WHAT YOU NEED TO DO
Working through the records below, count the lines that include "adjust". The reply is that number alone.

[Source data]

*** Block opens ***

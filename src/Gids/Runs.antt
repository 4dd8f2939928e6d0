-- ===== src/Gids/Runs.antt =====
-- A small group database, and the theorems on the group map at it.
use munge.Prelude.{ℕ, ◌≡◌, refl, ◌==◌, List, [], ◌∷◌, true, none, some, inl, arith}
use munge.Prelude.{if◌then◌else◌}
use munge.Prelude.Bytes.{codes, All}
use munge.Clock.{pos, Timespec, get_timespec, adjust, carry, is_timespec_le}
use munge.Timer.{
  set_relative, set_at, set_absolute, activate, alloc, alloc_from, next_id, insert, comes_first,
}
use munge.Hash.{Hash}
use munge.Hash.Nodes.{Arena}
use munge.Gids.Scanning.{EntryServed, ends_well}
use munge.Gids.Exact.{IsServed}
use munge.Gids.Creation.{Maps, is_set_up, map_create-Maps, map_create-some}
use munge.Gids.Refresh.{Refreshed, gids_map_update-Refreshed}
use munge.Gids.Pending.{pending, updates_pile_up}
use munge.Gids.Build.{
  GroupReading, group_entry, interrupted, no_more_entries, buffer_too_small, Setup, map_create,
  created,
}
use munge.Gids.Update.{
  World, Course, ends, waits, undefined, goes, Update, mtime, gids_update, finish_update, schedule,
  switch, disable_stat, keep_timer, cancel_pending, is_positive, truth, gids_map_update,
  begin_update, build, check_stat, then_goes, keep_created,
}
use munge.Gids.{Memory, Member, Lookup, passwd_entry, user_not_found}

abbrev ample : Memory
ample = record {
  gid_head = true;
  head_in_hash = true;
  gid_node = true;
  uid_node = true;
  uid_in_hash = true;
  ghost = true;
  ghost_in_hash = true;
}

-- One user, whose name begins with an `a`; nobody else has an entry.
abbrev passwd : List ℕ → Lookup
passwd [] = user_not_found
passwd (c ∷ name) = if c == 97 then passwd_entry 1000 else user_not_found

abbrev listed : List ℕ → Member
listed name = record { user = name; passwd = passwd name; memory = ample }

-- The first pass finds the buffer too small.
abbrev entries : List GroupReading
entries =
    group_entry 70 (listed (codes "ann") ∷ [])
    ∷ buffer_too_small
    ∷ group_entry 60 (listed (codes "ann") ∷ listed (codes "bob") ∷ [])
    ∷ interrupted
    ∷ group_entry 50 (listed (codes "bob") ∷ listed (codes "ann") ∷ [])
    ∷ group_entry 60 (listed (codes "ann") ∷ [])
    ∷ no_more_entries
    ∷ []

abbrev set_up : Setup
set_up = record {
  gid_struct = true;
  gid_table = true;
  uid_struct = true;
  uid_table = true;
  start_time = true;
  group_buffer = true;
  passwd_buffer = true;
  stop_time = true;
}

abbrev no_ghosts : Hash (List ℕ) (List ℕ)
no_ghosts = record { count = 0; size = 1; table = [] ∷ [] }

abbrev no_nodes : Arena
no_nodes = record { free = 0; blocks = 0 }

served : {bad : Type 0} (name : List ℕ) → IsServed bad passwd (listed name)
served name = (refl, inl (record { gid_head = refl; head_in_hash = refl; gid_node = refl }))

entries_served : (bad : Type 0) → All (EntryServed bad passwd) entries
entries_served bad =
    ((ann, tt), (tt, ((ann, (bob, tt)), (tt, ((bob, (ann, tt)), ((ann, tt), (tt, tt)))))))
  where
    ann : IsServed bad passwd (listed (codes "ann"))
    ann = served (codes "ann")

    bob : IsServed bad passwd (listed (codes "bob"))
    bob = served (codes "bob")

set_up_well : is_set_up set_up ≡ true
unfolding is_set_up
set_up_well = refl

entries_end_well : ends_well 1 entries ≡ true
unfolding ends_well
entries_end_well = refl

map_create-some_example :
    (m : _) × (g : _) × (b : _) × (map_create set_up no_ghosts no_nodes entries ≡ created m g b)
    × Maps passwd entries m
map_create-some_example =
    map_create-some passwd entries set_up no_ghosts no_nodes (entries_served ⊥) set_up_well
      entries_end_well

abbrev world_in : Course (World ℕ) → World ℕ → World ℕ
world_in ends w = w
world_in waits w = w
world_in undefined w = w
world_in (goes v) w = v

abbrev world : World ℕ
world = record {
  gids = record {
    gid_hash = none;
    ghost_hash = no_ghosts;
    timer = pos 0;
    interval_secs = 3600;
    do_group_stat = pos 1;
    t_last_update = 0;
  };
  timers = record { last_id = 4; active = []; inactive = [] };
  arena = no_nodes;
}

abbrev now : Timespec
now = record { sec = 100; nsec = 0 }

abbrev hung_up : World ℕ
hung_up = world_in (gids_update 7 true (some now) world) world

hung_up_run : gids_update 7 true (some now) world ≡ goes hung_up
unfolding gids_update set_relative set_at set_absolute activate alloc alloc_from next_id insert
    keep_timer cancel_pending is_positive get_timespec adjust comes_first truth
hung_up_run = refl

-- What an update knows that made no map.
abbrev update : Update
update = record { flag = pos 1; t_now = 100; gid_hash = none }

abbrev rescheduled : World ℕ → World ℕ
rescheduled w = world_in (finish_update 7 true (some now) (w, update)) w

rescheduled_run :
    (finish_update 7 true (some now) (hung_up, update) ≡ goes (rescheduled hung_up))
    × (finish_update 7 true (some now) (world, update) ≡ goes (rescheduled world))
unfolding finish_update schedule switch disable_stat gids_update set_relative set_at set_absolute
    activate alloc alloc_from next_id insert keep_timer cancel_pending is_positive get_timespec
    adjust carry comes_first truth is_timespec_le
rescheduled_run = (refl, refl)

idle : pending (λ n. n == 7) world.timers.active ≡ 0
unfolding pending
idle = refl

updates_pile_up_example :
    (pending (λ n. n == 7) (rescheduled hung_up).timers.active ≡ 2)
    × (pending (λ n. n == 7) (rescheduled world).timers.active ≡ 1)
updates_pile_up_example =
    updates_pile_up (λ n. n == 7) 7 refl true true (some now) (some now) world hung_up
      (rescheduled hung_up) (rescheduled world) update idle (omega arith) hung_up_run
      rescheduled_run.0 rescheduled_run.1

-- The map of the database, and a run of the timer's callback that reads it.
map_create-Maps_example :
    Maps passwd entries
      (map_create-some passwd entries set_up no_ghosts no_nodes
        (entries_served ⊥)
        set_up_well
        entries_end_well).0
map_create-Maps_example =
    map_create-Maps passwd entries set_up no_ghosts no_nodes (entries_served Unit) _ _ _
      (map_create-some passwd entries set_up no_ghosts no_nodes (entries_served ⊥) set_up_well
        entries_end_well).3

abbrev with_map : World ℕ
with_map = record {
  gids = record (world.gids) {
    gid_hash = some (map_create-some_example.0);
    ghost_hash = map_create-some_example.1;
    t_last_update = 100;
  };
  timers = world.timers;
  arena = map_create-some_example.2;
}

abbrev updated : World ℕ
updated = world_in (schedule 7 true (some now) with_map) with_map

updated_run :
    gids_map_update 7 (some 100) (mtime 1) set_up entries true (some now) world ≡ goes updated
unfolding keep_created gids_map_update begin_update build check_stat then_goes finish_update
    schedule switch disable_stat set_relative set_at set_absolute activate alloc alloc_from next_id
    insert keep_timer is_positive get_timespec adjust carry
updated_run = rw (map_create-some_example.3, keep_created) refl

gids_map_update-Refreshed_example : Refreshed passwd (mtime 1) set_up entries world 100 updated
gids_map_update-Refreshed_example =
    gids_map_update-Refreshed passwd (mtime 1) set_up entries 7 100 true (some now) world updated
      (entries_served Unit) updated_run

*** Block closes ***
*** Block opens ***

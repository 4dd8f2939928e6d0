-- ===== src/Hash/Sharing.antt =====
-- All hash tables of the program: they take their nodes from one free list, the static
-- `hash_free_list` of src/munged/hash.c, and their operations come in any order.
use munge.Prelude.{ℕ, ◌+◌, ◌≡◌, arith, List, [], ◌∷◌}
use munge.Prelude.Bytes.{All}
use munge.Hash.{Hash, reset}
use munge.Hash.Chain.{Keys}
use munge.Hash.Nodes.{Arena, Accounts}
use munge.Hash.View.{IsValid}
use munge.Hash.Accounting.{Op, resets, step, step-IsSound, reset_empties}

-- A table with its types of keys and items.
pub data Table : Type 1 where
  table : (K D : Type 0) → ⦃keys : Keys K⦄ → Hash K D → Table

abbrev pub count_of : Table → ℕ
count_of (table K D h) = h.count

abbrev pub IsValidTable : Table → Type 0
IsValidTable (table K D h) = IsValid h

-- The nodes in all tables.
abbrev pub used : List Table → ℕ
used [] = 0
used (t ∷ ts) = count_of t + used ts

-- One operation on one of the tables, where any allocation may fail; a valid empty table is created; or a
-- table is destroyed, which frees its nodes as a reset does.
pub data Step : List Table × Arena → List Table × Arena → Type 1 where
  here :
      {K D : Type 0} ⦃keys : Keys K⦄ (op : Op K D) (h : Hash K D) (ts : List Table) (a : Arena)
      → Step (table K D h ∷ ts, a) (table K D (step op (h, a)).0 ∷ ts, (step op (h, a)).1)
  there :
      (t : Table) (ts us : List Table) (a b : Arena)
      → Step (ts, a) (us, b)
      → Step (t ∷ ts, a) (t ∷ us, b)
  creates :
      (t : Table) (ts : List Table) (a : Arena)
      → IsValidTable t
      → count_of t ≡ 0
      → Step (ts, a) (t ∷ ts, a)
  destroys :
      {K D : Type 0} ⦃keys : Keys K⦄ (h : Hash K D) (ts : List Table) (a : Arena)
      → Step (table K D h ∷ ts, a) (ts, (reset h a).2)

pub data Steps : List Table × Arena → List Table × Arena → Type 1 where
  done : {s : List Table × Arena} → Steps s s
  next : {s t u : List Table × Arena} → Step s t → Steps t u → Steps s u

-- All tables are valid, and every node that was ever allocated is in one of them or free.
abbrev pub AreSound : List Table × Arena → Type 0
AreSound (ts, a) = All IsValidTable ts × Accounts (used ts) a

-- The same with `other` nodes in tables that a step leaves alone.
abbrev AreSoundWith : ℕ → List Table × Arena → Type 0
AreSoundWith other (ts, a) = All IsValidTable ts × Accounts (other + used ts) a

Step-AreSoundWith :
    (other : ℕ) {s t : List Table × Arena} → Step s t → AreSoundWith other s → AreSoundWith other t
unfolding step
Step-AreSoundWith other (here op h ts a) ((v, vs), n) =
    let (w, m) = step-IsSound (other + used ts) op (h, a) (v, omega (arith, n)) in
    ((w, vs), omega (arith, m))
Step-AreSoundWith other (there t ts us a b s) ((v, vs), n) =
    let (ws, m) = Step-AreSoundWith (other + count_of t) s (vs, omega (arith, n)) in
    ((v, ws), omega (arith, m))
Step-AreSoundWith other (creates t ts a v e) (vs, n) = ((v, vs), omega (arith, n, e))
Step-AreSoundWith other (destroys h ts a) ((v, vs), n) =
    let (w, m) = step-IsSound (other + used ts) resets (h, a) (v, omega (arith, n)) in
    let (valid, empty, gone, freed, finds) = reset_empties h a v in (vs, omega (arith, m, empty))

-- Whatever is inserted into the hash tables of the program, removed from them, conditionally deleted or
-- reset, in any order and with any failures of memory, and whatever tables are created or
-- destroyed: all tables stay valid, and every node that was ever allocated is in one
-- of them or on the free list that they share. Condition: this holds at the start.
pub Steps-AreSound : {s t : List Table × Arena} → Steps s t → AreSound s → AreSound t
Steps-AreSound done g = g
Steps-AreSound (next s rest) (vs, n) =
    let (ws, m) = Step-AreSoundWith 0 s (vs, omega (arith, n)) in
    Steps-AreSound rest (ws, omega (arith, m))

*** Block closes ***

ANSWER TO THIS EXERCISE
4